Non serve fuggire, nè ritirare i bimbi da scuola ma rivendicare il posto alla materna e nido se l’iscrizione fatta è stata accolta. Il consiglio è quello di compilare l’autocertificazione impegnandoci ad adempiere alla legge ma previo approfondimento, valutazione dei rischi e accertamenti tramite esami anticorporali. Insomma temporeggiare.

Dobbiamo resistere, se si entra a scuola non possono toccarci, non è ancora prevista la parte esecutiva della limitazione all’accesso a scuola. Non hanno dunque strumenti per cacciare i bambini da scuola. Anche se chiamano i carabinieri non possono fare nulla. Al massimo i carabinieri si presentano, ma invitano al confronto tra genitori e comune. Confronto a cui dobbiamo essere aperti…ma i bimbi rimangono a scuola.

Si devono organizzare presidi nelle scuole per sostenere le famiglie che non hanno appoggio dalla scuola.

3) Limitazione accesso alla scuola dell’obbligo

SCRIVERE ALLE ASL PER CHIEDERE:
  • informazioni e risposte
  • che tipo di vaccinazioni
  • quali le modalità di somministrazione
  • quali i rischi
  • quali le possibili reazioni avverse
  • test prevaccinati (genetici, immunitario, allergologiche)
  • qual’è l’incidenza delle malattie per cui si vaccina
OBIEZIONE ATTIVA

(Da fare dopo che l’ASL di competenza ci chiama a colloquio)

  • NO FUGA
  • NO SILENZIO
  • NO CERTIFICATO COMPIACENTE

Quindi le azioni da compiere sono:

  1. raccogliere un grande numero di raccomandate A/R inviate ad ASL e sindaco
  2. partecipazione ai colloqui
  3. Dissenso informato (non firmato o modificato come da indicazioni Comilva)

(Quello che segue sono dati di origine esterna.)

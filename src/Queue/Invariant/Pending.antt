-- ===== src/Queue/Invariant/Pending.antt =====
-- qmanager/policies/base/queue_policy_base.hpp: `insert`, `remove_pending` and
-- `reconsider_blocked_jobs` keep the invariant.
use flux_sched.Common.{
  ℕ, ◌+◌, ◌≡◌, ◌≢◌, refl, ◌<◌, true, Option, none, some, arith, ap, Option-cases, inl, inr,
  if_intro, [],
}
use flux_sched.OrdMap.{nat_key, find, leftover}
use flux_sched.OrdMap.Find.{find-nil, find-add, find-absorb, insert_fresh}
use flux_sched.OrdMap.Order.{add-IsSorted, absorb-IsSorted, leftover-eq-nil}
use flux_sched.Queue.Job.{Job, JobState, PendingKey, get_key, is_pending, pending_key, u64_mod}
use flux_sched.Queue.State.{Queue, failed, fcfs, backfill, Derived}
use flux_sched.Queue.Pending.{
  insert_job, submitted, process_provisional_reconsider, reconsider_blocked_jobs, cancel_sched_loop,
  cancel_now, cancel_erased, enter_canceled, cancel_sched_loop_of, erase_pending_job, Erased,
  missing, in_queue, in_provisional, stamped, stamp_job, cancel_or_defer, remove_pending,
}
use flux_sched.Queue.Ledger.{IsQuiet}
use flux_sched.Queue.Ledger.Add.{cong_lem, add_v, merge_pb}
use flux_sched.Queue.Invariant.{IsValid, Erases, erase_pending_job-Erases}
use flux_sched.Queue.Invariant.Steps.{
  SamePending, same-IsValid, touch-IsValid, drop-IsValid, find-write_job, found_written, Keeps,
}

-- No entry has the next sequence number yet.
fresh_key :
    {q : Queue}
    → IsValid q
    → (k : PendingKey) → k.pending_ts ≡ q.pq_cnt
    → find k q.pending_provisional ≡ none
fresh_key {q} valid k e = elim (Option-cases (find k q.pending_provisional)) [
  | inl free ↦ free
  | inr (id, taken) ↦
      let (j, f, s, g) = valid.ledger.listed_v k id taken in
      absurd (omega (arith, valid.ledger.fresh id j f s, ap (λ (x : PendingKey). x.pending_ts) g))
]

-- A submitted job enters the provisional queue. The counter must not wrap.
pub insert_job-IsValid :
    {q : Queue} (o : Option Job) → IsValid q → q.pq_cnt + 1 < u64_mod → IsValid (insert_job q o).0
unfolding insert_job is_pending
insert_job-IsValid none valid small = valid
insert_job-IsValid {q} (some j) valid small = elim (Option-cases (find j.id q.jobs)) [
  | inr (i, e) ↦ rw (e, insert_job) valid
  | inl absent ↦
      let k = get_key (submitted q j) in
      let free = fresh_key valid k refl in
      rw
        (
          absent,
          insert_job,
          insert_fresh k j.id q.pending_provisional free,
          insert_fresh j.id (submitted q j) q.jobs absent,
        )
        (record {
          ledger =
              cong_lem (λ x. refl) (λ x. refl) (λ x. find-add k x j.id q.pending_provisional free)
                (λ i. find-add j.id i (submitted q j) q.jobs absent)
                (add_v valid.ledger absent (submitted q j) refl refl (omega arith) (omega arith)
                  (λ i j' e s. λ h. absurd (omega (arith, valid.ledger.fresh i j' e s))));
          sorted_p = valid.sorted_p;
          sorted_b = valid.sorted_b;
          sorted_v = add-IsSorted k j.id q.pending_provisional free valid.sorted_v;
        })
]

-- In a valid state, merging the blocked jobs into m_pending leaves none behind, which is what
-- process_provisional_reconsider asserts.
pub leftover_blocked : {q : Queue} → IsValid q → leftover q.pending q.blocked ≡ []
leftover_blocked {q} valid = leftover-eq-nil q.pending q.blocked valid.sorted_b λ k id e.
    elim (Option-cases (find k q.pending)) [
      | inl free ↦ free
      | inr (w, taken) ↦ ground (arith, valid.ledger.apart_pb k w taken, e)
    ]

pub process_provisional_reconsider-IsValid :
    {q : Queue} → IsValid q → IsValid (process_provisional_reconsider q)
unfolding process_provisional_reconsider
process_provisional_reconsider-IsValid {q} valid =
    if_intro IsValid q.pending_reconsider
      (λ _. record {
        ledger =
            cong_lem (λ k. find-absorb k q.pending q.blocked)
              (λ k. rw (leftover_blocked valid) (find-nil k)) (λ k. refl) (λ i. refl)
              (merge_pb valid.ledger);
        sorted_p = absorb-IsSorted q.pending q.blocked valid.sorted_p;
        sorted_b = rw (leftover_blocked valid) tt;
        sorted_v = valid.sorted_v;
      })
      (λ _. valid)

pub reconsider_blocked_jobs-IsValid : {q : Queue} → IsValid q → IsValid (reconsider_blocked_jobs q)
unfolding reconsider_blocked_jobs
reconsider_blocked_jobs-IsValid {q} valid =
    if_intro IsValid q.sched_loop_active (λ _. asked)
      (λ _. process_provisional_reconsider-IsValid asked)
  where
    asked : IsValid (record q { pending_reconsider = true })
    asked = same-IsValid _ (record { p = refl; b = refl; v = refl; jobs = refl; n = refl }) valid

canceled-IsQuiet : (j : Job) → IsQuiet j.id (some (record j { state = JobState.canceled }))
unfolding is_pending
canceled-IsQuiet j j' e = ground arith

enter_canceled-IsValid :
    {q q' : Queue} (j : Job)
    → IsValid q
    → find j.id q.jobs ≡ some j
    → is_pending j.state ≡ true
    → Erases (get_key j) q q'
    → IsValid (enter_canceled j q').0
unfolding enter_canceled
enter_canceled-IsValid {q} {q'} j valid found pend er =
    drop-IsValid q' _ valid j.id j (some (record j { state = JobState.canceled })) found pend
      (canceled-IsQuiet j) er
      (find-write_job q' j.id j (record j { state = JobState.canceled }) (rw er.same_jobs found))
      refl refl refl refl

-- A pending job that is canceled leaves its queue.
pub cancel_now-IsValid :
    {q : Queue} (j : Job)
    → IsValid q
    → find j.id q.jobs ≡ some j
    → is_pending j.state ≡ true
    → IsValid (cancel_now j q).0
unfolding cancel_now
cancel_now-IsValid {q} j valid found pend =
    let (er, hit) = erase_pending_job-Erases valid j.id j found pend in
    go (erase_pending_job (get_key j) q).1 hit er
  where
    go :
        (e : Erased)
        → e ≢ missing
        → Erases (get_key j) q (erase_pending_job (get_key j) q).0
        → IsValid (cancel_erased e j (erase_pending_job (get_key j) q).0).0
    go missing hit er = absurd (hit refl)
    go in_queue hit er = enter_canceled-IsValid j valid found pend er
    go in_provisional hit er = enter_canceled-IsValid j valid found pend er

pub cancel_sched_loop-SamePending : (q : Queue) → SamePending q (cancel_sched_loop q).0
unfolding cancel_sched_loop
cancel_sched_loop-SamePending q = by_class q.derived
  where
    by_class : (d : Derived) → SamePending q (cancel_sched_loop_of q d).0
    by_class (fcfs f) = ground arith
    by_class (backfill b) = ground arith

pub cancel_sched_loop-IsValid : {q : Queue} → IsValid q → IsValid (cancel_sched_loop q).0
cancel_sched_loop-IsValid {q} valid = same-IsValid _ (cancel_sched_loop-SamePending q) valid

cancel_or_defer-IsValid :
    {q : Queue} (j : Job)
    → IsValid q
    → find j.id q.jobs ≡ some j
    → is_pending j.state ≡ true
    → IsValid (cancel_or_defer j q).0
unfolding cancel_or_defer
cancel_or_defer-IsValid {q} j valid found pend =
    if_intro Keeps q.sched_loop_active
      (λ _.
        if_intro Keeps (failed (cancel_sched_loop q).1)
          (λ _.
            same-IsValid _ (record { p = refl; b = refl; v = refl; jobs = refl; n = refl }) stopped)
          (λ _.
            cancel_now-IsValid j stopped (rw (cancel_sched_loop-SamePending q).jobs found) pend))
      (λ _. cancel_now-IsValid j valid found pend)
  where
    stopped : IsValid (cancel_sched_loop q).0
    stopped = cancel_sched_loop-IsValid valid

pub remove_pending-IsValid : {q : Queue} (id : ℕ) → IsValid q → IsValid (remove_pending id q).0
unfolding remove_pending
remove_pending-IsValid {q} id valid = elim (Option-cases (find id q.jobs)) [
  | inl absent ↦ rw (absent, remove_pending) valid
  | inr (j, found) ↦
      rw (found, remove_pending)
        (if_intro Keeps (is_pending j.state)
          (λ pend.
            cancel_or_defer-IsValid {q = stamp_job id j q} (stamped q j)
              (same-IsValid _ (record { p = refl; b = refl; v = refl; jobs = refl; n = refl })
                (touch-IsValid valid id j (stamped q j) found pend refl refl refl))
              (found_written valid id j (stamped q j) found refl) pend)
          (λ _. valid))
]
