-- ===== src/Queue/Invariant/Running.antt =====
-- qmanager/policies/base/queue_policy_base.hpp: a pending job starts or is rejected. The sequence
-- numbers of the running and the rejected jobs are old, so that no insertion fails.
use flux_sched.Common.{
  ℕ, ◌+◌, ◌≡◌, refl, ◌<◌, true, none, some, arith, sym, subst, Option-cases, inl, inr,
}
use Prim.Native.String.{String}
use flux_sched.OrdMap.{OrdMap, same_iff, nat_key, find, add, erase, next, assign}
use flux_sched.OrdMap.Find.{find-add, insert_fresh, find-erase, find-assign}
use flux_sched.Queue.Job.{Job, PendingKey, get_key, is_pending, pending_key, u64_mod, incr64}
use flux_sched.Queue.State.{Queue}
use flux_sched.Queue.Running.{started, refused, to_running, to_rejected}
use flux_sched.Queue.Frame.{Frame}
use flux_sched.Queue.Ledger.{put}
use flux_sched.Queue.Invariant.{IsValid, Erases, erase_p}
use flux_sched.Queue.Invariant.Steps.{drop-IsValid, own_id}

-- The keys of a map lie below a counter.
abbrev pub Below : ℕ → OrdMap ℕ ℕ → Type 0
Below n m = (ts id : ℕ) → find ts m ≡ some id → ts < n

pub record IsCounted (q : Queue) : Type 0 where
  pub running_lt : Below q.rq_cnt q.running
  pub alloced_lt : Below q.rq_cnt q.alloced
  pub rejected_lt : Below q.dq_cnt q.rejected

pub Frame-IsCounted : {q q' : Queue} → Frame q q' → IsCounted q → IsCounted q'
Frame-IsCounted f c = record {
  running_lt = rw (f.running, f.rq_cnt) c.running_lt;
  alloced_lt = rw (f.alloced, f.rq_cnt) c.alloced_lt;
  rejected_lt = rw (f.rejected, f.dq_cnt) c.rejected_lt;
}

pub fresh_of_Below : (n : ℕ) (m : OrdMap ℕ ℕ) → Below n m → find n m ≡ none
fresh_of_Below n m h = elim (Option-cases (find n m)) [
  | inl free ↦ free
  | inr (id, e) ↦ absurd (omega (arith, h n id e))
]

pub add-Below :
    (n : ℕ) (id : ℕ) (m : OrdMap ℕ ℕ) → Below n m → n + 1 < u64_mod → Below (incr64 n) (add n id m)
add-Below n id m h small ts i e =
    ground (arith, h ts i, find-add n ts id m (fresh_of_Below n m h), same_iff n ts, e)

pub erase-Below : (n k : ℕ) (m : OrdMap ℕ ℕ) → Below n m → Below n (erase k m)
erase-Below n k m h ts i e = ground (arith, h ts i, find-erase k ts m, e)

-- The queue after a job under the key `k` has started.
abbrev pub started_queue : PendingKey → Job → Queue → Queue
started_queue k j q = record q {
  scheduled = true;
  rq_cnt = incr64 q.rq_cnt;
  running = add q.rq_cnt j.id q.running;
  alloced = add q.rq_cnt j.id q.alloced;
  jobs = assign j.id (started q true j) q.jobs;
  pending = erase k q.pending;
}

-- Where the old sequence numbers are below their counters, to_running of a listed job succeeds:
-- the job gets the next number, enters the running and the alloced queue, leaves m_pending, and
-- the result is the iterator after it.
pub to_running_lem :
    (q : Queue) (k : PendingKey) (id : ℕ) (j : Job)
    → IsCounted q
    → find k q.pending ≡ some id
    → find id q.jobs ≡ some j
    → to_running k true q ≡ (started_queue k j q, next k q.pending)
unfolding to_running
to_running_lem q k id j c listed found = rw (
  listed,
  to_running,
  found,
  insert_fresh q.rq_cnt j.id q.running (fresh_of_Below q.rq_cnt q.running c.running_lt),
  insert_fresh q.rq_cnt j.id q.alloced (fresh_of_Below q.rq_cnt q.alloced c.alloced_lt),
)

abbrev pub rejected_queue : PendingKey → String → Job → Queue → Queue
rejected_queue k note j q = record q {
  scheduled = true;
  dq_cnt = incr64 q.dq_cnt;
  rejected = add q.dq_cnt j.id q.rejected;
  jobs = assign j.id (refused q note j) q.jobs;
  pending = erase k q.pending;
}

-- Where the old sequence numbers are below their counters, to_rejected of a listed job
-- succeeds: the job gets the next number and the note, enters the rejected queue, leaves
-- m_pending, and the result is the iterator after it.
pub to_rejected_lem :
    (q : Queue) (k : PendingKey) (note : String) (id : ℕ) (j : Job)
    → IsCounted q
    → find k q.pending ≡ some id
    → find id q.jobs ≡ some j
    → to_rejected k note q ≡ (rejected_queue k note j q, next k q.pending)
unfolding to_rejected
to_rejected_lem q k note id j c listed found = rw (
  listed,
  to_rejected,
  found,
  insert_fresh q.dq_cnt j.id q.rejected (fresh_of_Below q.dq_cnt q.rejected c.rejected_lt),
)

module _ {q : Queue} (valid : IsValid q) (k : PendingKey) (id : ℕ) (j : Job)
    (listed : find k q.pending ≡ some id) (found : find id q.jobs ≡ some j) where
  listed_pending : (is_pending j.state ≡ true) × (get_key j ≡ k)
  listed_pending =
      let (j', e, s, g) = valid.ledger.listed_p k id listed in ground (arith, e, found, s, g)

  leaves_pending : Erases (get_key j) q (record q { pending = erase k q.pending })
  leaves_pending =
      subst (λ x. Erases x q (record q { pending = erase k q.pending })) (sym listed_pending.1)
        (erase_p valid k id listed)

  written :
      (j' : Job) (i : ℕ)
      → find i (assign j.id j' q.jobs) ≡ put (λ x. find x q.jobs) j.id (some j') i
  written j' i = find-assign j.id i j' j q.jobs (own_id valid id j found)

  pub started_queue-IsValid : IsValid (started_queue k j q)
  unfolding is_pending
  started_queue-IsValid =
      drop-IsValid (record q { pending = erase k q.pending }) (started_queue k j q) valid j.id j
        (some (started q true j)) (own_id valid id j found) listed_pending.0 (λ j' e. ground arith)
        leaves_pending (written (started q true j)) refl refl refl refl

  pub rejected_queue-IsValid : (note : String) → IsValid (rejected_queue k note j q)
  unfolding is_pending
  rejected_queue-IsValid note =
      drop-IsValid (record q { pending = erase k q.pending }) (rejected_queue k note j q) valid j.id
        j (some (refused q note j)) (own_id valid id j found) listed_pending.0
        (λ j' e. ground arith) leaves_pending (written (refused q note j)) refl refl refl refl

pub started_queue-IsCounted :
    {q : Queue} (k : PendingKey) (j : Job)
    → IsCounted q
    → q.rq_cnt + 1 < u64_mod
    → IsCounted (started_queue k j q)
started_queue-IsCounted {q} k j c small = record {
  running_lt = add-Below q.rq_cnt j.id q.running c.running_lt small;
  alloced_lt = add-Below q.rq_cnt j.id q.alloced c.alloced_lt small;
  rejected_lt = c.rejected_lt;
}

pub rejected_queue-IsCounted :
    {q : Queue} (k : PendingKey) (note : String) (j : Job)
    → IsCounted q
    → q.dq_cnt + 1 < u64_mod
    → IsCounted (rejected_queue k note j q)
rejected_queue-IsCounted {q} k note j c small = record {
  running_lt = c.running_lt;
  alloced_lt = c.alloced_lt;
  rejected_lt = add-Below q.dq_cnt j.id q.rejected c.rejected_lt small;
}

Se il sindaco non è dalla nostra parte e non è disposto a venirci incontro con eventuali ordinanze che impediscano l’applicazione della legge ( ci riferiamo all’esclusione dalla scuola) o con delibere di giunta, a quel punto è necessario il ricorso, da fare preferibilmente al giudice civile- giudice di pace (più vicino al cittadino, spesso si tratta di mamme) e non al TAR (basta un ricorso che va male per creare precedenti).

DA NON FARE:

  • Pagare sanzioni perché equivale ad una ammissione di colpa (e in caso di pagamento ASL può fare segnalazione al tribunale dei minori)
  • Ritirare i bambini da scuola

IMPORTANTE:

Le ASL non sono tenute a inviare comunicazioni con raccomandata, queste vengono fatte con posta ordinaria e sono ritenute valide. La sola raccomandata prevista è la comunicazione dell’esclusione da scuola.